Source records:
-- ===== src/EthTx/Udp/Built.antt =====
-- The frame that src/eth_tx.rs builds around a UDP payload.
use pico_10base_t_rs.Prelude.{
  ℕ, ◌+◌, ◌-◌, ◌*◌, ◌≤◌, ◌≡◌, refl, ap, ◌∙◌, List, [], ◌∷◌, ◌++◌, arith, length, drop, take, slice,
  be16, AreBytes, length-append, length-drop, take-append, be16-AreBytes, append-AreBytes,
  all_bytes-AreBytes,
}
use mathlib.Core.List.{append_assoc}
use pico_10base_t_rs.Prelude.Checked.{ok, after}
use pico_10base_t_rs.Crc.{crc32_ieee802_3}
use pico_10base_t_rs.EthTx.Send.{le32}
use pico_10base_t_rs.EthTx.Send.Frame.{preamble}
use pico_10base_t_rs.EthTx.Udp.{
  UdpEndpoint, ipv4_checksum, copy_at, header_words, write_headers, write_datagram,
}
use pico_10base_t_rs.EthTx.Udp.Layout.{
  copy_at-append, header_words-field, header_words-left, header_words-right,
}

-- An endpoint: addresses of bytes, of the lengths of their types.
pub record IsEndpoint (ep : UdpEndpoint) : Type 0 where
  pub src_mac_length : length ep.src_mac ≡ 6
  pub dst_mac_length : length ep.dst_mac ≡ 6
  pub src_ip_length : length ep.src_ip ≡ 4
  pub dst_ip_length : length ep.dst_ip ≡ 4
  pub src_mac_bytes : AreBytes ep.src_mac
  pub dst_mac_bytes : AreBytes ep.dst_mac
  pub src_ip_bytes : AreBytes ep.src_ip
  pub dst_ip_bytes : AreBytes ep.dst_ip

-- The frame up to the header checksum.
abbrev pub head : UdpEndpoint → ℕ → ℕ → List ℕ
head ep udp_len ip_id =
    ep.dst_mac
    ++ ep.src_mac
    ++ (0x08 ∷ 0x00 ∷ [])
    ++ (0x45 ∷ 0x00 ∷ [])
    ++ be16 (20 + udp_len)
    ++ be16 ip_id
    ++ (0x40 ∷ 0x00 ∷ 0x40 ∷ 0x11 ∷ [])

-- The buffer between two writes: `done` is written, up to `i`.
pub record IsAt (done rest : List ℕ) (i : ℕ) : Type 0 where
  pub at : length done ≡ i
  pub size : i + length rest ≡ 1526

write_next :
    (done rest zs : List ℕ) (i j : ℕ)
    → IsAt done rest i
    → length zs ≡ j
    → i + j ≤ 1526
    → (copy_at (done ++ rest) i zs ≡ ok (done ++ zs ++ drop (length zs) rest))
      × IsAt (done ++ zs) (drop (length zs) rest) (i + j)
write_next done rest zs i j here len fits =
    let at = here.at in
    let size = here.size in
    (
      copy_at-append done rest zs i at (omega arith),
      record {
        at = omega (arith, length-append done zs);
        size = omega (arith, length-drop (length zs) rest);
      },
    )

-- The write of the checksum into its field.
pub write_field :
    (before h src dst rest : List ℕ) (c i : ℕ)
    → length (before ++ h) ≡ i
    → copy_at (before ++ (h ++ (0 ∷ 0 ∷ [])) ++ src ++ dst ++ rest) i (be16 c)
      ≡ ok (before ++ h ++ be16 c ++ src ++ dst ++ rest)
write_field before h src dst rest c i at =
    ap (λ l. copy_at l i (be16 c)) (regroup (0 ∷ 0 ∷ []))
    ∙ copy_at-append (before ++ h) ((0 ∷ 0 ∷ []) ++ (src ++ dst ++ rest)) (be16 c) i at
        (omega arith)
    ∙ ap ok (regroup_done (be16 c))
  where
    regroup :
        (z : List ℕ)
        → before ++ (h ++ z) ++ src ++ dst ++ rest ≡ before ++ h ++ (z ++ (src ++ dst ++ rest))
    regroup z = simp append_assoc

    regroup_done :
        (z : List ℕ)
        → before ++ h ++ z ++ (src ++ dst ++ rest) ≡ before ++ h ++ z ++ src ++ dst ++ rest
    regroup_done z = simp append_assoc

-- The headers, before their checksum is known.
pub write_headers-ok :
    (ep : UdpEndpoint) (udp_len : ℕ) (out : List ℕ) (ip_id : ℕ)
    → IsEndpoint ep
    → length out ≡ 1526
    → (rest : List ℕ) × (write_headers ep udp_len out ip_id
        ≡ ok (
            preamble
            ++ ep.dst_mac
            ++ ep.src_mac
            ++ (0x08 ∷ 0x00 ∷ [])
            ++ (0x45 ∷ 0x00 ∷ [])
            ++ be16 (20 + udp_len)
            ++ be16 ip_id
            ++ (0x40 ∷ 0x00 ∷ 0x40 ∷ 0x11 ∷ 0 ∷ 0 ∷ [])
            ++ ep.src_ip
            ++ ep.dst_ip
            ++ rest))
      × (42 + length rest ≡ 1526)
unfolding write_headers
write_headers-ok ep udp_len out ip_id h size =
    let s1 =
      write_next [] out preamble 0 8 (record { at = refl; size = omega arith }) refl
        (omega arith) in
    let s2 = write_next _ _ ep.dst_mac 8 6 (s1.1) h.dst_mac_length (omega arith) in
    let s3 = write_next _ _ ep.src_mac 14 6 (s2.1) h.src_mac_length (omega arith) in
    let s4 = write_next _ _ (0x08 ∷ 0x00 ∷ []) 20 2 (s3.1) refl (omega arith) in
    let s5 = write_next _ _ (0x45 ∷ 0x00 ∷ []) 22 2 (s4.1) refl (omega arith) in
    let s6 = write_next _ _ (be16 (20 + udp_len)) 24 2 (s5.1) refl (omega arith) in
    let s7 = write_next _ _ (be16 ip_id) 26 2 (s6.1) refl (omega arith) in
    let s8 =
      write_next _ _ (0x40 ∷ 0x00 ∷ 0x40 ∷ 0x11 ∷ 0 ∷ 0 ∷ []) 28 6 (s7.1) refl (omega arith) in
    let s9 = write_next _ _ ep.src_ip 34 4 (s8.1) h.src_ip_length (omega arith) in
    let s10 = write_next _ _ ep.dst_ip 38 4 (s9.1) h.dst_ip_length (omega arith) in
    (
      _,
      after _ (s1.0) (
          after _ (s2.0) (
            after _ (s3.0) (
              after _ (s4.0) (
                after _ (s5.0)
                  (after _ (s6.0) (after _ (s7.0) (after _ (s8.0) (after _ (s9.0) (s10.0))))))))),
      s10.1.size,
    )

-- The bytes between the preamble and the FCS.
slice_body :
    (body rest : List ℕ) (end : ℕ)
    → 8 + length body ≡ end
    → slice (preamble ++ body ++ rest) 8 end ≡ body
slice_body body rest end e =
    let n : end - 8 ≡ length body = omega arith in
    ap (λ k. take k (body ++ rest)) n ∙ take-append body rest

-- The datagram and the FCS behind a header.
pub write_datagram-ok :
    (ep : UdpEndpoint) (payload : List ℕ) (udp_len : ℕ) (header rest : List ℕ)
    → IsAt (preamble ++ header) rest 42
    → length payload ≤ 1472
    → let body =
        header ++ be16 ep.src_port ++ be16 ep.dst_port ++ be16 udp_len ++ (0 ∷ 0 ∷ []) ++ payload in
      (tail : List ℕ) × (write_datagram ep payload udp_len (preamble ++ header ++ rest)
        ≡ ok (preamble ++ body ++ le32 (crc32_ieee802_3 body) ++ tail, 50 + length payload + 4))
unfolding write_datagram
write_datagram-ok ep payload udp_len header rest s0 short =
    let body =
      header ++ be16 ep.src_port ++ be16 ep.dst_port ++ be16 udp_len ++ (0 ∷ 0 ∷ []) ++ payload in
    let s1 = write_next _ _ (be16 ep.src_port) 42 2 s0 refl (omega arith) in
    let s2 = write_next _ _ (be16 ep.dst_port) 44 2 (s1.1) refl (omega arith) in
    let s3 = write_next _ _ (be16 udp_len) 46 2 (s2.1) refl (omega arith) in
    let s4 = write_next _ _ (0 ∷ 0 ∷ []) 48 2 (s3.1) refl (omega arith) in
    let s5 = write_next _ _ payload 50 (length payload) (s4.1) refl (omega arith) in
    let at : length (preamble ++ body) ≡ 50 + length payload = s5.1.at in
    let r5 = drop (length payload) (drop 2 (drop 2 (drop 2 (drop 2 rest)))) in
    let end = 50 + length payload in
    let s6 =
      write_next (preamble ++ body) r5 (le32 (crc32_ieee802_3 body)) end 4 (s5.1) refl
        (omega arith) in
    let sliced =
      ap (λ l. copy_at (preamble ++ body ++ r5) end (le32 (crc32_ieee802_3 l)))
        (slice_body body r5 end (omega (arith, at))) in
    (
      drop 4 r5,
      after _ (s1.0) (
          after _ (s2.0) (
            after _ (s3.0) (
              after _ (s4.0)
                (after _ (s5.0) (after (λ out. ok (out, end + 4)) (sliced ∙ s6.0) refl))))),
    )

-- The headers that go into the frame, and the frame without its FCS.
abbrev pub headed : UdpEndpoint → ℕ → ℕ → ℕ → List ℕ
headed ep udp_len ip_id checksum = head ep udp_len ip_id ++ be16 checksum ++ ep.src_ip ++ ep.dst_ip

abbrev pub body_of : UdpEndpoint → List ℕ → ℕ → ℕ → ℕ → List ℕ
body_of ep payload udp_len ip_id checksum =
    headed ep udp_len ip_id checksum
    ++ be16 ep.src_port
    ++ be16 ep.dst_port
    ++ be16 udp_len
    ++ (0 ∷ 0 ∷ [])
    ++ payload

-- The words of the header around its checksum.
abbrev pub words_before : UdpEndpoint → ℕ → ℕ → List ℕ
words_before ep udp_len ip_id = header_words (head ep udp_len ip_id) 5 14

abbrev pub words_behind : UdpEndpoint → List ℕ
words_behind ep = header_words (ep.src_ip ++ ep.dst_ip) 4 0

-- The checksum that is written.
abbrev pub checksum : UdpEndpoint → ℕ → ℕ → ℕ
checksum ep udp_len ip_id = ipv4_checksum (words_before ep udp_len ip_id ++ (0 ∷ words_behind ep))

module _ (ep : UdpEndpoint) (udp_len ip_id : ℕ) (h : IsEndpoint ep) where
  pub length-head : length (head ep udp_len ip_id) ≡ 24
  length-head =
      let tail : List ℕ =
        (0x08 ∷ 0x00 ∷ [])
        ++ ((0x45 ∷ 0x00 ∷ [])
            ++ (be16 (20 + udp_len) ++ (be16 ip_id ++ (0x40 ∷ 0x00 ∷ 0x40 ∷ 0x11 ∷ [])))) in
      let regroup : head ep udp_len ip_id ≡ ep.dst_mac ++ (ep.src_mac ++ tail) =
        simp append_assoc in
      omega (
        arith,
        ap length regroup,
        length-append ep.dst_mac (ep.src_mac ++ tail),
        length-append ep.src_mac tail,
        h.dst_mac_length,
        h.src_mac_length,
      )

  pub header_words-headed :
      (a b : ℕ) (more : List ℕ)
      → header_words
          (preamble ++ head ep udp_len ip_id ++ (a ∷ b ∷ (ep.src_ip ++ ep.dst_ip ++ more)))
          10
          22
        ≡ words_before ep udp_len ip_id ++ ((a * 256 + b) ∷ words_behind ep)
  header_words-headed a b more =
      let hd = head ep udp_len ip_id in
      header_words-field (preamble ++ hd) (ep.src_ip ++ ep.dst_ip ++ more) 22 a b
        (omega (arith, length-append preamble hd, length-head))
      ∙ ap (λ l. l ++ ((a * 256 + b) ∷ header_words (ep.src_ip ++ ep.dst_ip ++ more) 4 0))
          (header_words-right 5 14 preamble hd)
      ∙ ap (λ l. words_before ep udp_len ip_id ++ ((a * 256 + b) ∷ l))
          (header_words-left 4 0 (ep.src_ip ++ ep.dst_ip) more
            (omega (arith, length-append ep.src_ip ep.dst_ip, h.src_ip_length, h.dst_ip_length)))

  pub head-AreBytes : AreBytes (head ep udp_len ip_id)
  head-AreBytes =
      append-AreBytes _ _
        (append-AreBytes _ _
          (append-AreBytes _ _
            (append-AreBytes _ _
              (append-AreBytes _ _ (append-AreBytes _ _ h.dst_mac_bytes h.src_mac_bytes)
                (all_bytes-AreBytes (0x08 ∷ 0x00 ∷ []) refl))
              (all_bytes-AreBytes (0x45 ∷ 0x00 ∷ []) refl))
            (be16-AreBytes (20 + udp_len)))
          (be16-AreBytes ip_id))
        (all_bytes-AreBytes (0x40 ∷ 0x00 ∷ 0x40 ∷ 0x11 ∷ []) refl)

_WHAT IS REQUIRED_:
Please copy every line of the records above in which "EthTx" appears.

_TASK SOLUTION_:
-- ===== src/EthTx/Udp/Built.antt =====
use pico_10base_t_rs.EthTx.Send.{le32}
use pico_10base_t_rs.EthTx.Send.Frame.{preamble}
use pico_10base_t_rs.EthTx.Udp.{
use pico_10base_t_rs.EthTx.Udp.Layout.{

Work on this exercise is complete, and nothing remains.